*** Block opens ***
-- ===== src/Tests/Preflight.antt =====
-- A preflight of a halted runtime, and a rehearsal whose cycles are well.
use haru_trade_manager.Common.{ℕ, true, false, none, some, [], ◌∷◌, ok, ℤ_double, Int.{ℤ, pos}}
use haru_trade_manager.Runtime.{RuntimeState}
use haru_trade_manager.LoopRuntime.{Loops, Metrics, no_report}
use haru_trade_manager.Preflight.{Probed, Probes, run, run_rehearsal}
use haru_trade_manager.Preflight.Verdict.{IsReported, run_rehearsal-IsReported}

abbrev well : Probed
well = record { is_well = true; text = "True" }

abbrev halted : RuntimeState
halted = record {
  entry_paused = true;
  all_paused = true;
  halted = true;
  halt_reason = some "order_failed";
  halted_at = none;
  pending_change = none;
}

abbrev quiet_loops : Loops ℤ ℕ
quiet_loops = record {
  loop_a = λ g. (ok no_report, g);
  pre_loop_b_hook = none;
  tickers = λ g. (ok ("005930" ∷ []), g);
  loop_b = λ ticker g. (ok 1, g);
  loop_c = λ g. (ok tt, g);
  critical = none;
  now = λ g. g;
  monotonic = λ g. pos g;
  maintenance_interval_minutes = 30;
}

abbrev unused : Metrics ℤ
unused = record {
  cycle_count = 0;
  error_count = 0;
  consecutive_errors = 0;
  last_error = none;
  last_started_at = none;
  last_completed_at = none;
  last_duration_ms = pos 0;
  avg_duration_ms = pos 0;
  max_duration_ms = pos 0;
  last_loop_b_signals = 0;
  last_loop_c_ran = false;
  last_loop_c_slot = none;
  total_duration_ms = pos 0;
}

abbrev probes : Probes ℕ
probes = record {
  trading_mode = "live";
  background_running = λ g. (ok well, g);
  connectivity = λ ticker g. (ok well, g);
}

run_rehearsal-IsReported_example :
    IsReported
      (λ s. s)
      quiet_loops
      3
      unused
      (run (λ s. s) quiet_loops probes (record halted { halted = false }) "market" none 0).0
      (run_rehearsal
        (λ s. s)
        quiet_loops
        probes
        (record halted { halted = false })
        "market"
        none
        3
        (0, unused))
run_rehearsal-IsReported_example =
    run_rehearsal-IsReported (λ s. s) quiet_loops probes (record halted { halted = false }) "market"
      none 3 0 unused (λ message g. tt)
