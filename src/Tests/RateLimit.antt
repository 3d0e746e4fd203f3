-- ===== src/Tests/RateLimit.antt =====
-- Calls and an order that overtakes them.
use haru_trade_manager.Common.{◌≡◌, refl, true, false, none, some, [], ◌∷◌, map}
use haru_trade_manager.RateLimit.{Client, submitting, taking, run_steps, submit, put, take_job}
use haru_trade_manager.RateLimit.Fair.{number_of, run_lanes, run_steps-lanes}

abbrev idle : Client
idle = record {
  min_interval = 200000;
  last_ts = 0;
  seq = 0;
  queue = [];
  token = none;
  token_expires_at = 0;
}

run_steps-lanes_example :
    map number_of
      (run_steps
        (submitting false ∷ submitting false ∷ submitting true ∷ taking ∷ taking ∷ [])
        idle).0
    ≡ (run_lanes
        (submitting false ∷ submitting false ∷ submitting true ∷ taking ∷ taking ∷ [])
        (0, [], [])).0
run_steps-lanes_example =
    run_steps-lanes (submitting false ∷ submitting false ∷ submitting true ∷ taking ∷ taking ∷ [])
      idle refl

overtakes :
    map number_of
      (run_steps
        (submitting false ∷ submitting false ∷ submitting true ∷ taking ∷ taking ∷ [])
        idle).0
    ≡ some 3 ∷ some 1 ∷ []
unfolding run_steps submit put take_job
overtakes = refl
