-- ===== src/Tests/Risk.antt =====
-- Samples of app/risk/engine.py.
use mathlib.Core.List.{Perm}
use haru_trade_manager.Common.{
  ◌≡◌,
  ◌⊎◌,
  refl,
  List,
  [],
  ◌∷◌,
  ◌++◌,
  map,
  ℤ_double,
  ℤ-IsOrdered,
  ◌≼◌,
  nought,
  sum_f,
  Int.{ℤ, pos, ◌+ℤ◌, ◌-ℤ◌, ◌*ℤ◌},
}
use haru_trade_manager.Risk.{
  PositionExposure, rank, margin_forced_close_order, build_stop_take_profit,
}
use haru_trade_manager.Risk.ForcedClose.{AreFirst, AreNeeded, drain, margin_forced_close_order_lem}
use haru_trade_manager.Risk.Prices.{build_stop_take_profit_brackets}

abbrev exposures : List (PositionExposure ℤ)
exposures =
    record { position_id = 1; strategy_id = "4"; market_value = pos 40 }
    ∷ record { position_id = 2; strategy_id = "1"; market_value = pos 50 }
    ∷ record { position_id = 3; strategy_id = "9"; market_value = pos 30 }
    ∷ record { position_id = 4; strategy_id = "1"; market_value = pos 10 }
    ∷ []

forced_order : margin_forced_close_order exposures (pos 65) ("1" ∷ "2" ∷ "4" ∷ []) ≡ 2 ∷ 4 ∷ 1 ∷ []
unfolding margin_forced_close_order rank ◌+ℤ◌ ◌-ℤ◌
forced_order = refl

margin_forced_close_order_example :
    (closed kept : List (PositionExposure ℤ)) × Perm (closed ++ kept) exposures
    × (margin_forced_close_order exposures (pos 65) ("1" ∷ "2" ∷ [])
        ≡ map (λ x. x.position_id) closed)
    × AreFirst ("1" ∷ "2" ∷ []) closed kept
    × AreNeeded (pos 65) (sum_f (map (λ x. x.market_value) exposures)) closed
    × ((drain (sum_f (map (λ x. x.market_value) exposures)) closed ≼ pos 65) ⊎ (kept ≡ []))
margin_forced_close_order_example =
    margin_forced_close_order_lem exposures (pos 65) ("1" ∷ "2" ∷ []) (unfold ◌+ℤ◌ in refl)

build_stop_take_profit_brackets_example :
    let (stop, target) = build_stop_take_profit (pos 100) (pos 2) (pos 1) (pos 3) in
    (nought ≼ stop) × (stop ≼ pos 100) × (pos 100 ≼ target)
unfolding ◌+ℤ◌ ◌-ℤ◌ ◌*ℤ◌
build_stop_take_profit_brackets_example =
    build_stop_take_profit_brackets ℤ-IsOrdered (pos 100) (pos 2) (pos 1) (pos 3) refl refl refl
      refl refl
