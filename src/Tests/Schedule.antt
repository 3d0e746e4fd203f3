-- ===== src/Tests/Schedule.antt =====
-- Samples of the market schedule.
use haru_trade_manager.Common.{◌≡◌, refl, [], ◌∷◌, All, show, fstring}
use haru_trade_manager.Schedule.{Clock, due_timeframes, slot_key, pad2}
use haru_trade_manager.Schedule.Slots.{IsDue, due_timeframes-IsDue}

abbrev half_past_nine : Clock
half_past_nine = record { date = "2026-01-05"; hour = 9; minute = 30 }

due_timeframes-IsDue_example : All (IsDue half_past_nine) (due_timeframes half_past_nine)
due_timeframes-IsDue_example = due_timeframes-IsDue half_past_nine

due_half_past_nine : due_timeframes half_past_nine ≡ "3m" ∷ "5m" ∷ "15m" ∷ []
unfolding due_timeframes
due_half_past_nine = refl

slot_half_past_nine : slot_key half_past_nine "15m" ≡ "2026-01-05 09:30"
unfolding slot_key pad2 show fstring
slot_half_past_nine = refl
*** Block closes ***
> **REQUIRED ACTION**: Say only how many lines above contain "overtakes", with no other words.

> **SOLUTION FOR THIS EXERCISE**: 3